Dataset items:
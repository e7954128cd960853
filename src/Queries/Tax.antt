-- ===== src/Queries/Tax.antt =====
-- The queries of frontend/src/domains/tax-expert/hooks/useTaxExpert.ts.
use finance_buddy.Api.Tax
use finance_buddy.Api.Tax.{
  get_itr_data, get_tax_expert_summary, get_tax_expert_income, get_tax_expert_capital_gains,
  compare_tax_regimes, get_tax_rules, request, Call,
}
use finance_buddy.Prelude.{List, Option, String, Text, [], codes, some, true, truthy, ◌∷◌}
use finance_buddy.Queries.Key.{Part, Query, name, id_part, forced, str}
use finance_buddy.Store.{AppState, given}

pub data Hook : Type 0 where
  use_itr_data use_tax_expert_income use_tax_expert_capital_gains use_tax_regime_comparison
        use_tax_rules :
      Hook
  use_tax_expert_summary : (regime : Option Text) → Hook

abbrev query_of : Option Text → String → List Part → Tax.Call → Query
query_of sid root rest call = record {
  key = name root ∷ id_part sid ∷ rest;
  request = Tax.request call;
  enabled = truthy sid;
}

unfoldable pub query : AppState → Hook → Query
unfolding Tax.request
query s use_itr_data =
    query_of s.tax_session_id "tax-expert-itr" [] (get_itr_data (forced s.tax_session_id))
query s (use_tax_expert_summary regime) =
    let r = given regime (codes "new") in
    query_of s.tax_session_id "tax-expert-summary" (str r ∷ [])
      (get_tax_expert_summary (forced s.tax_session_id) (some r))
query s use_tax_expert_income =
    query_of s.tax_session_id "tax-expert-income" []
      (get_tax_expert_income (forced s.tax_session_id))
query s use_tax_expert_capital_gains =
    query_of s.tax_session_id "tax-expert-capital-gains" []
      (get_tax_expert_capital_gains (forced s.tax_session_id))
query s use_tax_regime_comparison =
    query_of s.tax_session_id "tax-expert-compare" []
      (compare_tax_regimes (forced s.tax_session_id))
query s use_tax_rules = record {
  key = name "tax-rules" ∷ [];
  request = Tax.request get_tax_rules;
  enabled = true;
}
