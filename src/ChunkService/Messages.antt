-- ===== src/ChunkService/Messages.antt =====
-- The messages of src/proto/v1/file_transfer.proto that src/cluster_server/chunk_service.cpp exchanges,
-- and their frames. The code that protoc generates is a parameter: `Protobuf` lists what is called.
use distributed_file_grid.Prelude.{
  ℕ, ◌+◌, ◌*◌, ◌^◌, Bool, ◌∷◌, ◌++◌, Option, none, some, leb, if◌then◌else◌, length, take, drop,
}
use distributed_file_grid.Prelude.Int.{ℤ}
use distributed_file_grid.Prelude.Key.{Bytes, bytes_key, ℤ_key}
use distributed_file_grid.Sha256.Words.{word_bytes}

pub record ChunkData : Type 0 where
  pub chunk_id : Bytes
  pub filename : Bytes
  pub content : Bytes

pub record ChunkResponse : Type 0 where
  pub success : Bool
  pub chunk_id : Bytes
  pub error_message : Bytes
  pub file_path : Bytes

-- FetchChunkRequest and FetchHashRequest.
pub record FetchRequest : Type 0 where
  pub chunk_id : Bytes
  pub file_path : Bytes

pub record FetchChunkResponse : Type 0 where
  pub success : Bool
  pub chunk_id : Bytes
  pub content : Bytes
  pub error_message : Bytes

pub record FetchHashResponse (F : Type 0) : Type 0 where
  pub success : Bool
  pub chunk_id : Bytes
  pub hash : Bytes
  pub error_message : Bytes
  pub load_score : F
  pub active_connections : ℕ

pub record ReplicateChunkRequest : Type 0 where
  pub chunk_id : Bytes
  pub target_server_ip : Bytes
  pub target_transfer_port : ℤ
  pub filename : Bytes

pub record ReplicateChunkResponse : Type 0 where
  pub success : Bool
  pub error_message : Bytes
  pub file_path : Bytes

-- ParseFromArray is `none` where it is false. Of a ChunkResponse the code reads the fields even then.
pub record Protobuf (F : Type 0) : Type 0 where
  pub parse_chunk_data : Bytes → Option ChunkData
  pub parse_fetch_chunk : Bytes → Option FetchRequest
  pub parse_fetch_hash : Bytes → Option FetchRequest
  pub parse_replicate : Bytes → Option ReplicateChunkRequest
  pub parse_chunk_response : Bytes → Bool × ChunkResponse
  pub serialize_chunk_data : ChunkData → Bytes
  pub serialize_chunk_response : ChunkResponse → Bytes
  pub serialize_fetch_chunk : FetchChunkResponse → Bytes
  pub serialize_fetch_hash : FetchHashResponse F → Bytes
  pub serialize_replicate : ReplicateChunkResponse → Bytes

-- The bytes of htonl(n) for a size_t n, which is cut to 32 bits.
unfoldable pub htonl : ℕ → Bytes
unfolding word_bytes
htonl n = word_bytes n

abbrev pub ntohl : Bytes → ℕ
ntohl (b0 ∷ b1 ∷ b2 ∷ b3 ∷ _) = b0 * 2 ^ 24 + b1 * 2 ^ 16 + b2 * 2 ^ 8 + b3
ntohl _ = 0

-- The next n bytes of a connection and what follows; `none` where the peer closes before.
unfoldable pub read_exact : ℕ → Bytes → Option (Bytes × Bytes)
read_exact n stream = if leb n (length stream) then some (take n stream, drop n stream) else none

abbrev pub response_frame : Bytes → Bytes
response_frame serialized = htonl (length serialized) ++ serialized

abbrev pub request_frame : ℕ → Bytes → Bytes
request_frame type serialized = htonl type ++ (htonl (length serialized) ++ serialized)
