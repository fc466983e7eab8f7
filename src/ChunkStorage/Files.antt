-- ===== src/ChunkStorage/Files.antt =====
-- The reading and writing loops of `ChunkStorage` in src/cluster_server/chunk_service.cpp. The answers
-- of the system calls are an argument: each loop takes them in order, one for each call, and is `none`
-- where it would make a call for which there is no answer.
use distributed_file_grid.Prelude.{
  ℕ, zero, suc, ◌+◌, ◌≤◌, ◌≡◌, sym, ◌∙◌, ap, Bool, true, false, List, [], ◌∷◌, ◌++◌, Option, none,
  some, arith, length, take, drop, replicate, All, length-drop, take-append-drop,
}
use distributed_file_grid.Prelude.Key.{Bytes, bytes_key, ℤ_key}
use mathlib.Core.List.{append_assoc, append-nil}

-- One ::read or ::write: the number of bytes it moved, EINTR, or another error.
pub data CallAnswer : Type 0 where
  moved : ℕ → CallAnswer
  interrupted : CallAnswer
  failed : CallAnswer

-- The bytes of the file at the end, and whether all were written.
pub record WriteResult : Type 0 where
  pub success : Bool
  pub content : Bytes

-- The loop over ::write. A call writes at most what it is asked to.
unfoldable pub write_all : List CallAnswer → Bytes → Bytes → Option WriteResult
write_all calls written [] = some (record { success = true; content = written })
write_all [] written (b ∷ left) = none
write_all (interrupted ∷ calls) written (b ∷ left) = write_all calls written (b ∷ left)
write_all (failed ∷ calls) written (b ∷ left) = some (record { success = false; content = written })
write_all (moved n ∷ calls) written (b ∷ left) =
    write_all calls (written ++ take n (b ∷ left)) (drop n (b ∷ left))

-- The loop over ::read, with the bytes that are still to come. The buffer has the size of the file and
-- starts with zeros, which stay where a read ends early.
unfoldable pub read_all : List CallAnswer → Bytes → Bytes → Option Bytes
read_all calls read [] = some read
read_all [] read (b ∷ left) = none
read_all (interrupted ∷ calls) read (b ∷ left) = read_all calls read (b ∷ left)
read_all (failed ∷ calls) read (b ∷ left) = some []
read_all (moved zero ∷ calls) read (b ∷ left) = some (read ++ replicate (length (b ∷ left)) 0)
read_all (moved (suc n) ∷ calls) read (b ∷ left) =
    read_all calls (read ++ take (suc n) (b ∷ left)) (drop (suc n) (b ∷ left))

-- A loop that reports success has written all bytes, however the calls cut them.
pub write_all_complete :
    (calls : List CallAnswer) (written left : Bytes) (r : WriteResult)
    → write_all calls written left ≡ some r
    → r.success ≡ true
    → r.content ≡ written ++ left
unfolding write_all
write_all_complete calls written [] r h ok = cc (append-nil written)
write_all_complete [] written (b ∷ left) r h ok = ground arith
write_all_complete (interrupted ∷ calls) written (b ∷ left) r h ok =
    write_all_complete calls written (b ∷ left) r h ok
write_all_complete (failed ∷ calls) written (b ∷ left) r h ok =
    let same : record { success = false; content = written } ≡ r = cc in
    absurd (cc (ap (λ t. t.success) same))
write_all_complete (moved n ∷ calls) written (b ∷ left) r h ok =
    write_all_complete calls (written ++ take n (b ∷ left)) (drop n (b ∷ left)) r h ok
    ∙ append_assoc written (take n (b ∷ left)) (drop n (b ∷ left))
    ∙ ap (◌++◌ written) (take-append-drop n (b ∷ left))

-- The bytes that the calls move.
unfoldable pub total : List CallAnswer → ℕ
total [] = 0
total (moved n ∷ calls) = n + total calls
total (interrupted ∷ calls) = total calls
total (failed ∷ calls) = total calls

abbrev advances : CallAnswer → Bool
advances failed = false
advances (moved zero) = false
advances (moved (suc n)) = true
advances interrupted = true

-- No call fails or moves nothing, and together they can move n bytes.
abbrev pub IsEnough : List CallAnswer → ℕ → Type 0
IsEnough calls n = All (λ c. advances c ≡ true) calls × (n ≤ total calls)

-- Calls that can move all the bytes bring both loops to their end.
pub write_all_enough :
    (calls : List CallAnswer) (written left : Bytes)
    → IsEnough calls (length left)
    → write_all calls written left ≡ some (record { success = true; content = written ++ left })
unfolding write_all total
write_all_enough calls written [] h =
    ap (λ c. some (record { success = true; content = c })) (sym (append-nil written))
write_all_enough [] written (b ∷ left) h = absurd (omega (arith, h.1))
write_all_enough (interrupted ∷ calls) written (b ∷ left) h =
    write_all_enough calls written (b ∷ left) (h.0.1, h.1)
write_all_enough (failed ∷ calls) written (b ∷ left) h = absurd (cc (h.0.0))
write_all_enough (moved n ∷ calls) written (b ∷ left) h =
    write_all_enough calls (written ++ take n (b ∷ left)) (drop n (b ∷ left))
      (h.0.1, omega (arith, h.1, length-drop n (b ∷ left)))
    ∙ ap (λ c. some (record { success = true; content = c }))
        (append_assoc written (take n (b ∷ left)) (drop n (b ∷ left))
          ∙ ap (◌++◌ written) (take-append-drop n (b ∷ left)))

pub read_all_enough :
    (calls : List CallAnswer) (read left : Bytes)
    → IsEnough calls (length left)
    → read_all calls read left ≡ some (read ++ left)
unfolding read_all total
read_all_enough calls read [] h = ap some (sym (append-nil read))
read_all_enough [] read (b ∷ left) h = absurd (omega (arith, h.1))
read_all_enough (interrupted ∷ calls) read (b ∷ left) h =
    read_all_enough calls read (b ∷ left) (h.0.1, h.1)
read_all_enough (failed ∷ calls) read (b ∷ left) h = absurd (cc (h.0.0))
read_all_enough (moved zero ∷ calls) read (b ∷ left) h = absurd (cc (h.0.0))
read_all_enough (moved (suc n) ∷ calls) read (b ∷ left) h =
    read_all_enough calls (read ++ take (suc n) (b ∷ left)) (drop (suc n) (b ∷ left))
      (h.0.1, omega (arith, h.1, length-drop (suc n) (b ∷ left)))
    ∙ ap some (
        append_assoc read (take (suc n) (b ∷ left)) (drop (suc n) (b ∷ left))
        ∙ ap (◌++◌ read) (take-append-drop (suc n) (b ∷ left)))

- Problem to solve
Your answer should consist of the lines from the line with "read_all (moved zero" to the line with "let same : record" above, repeated exactly, both ends included.

- Written response
read_all (moved zero ∷ calls) read (b ∷ left) = some (read ++ replicate (length (b ∷ left)) 0)
read_all (moved (suc n) ∷ calls) read (b ∷ left) =
    read_all calls (read ++ take (suc n) (b ∷ left)) (drop (suc n) (b ∷ left))

-- A loop that reports success has written all bytes, however the calls cut them.
pub write_all_complete :
    (calls : List CallAnswer) (written left : Bytes) (r : WriteResult)
    → write_all calls written left ≡ some r
    → r.success ≡ true
    → r.content ≡ written ++ left
unfolding write_all
write_all_complete calls written [] r h ok = cc (append-nil written)
write_all_complete [] written (b ∷ left) r h ok = ground arith
write_all_complete (interrupted ∷ calls) written (b ∷ left) r h ok =
    write_all_complete calls written (b ∷ left) r h ok
write_all_complete (failed ∷ calls) written (b ∷ left) r h ok =
    let same : record { success = false; content = written } ≡ r = cc in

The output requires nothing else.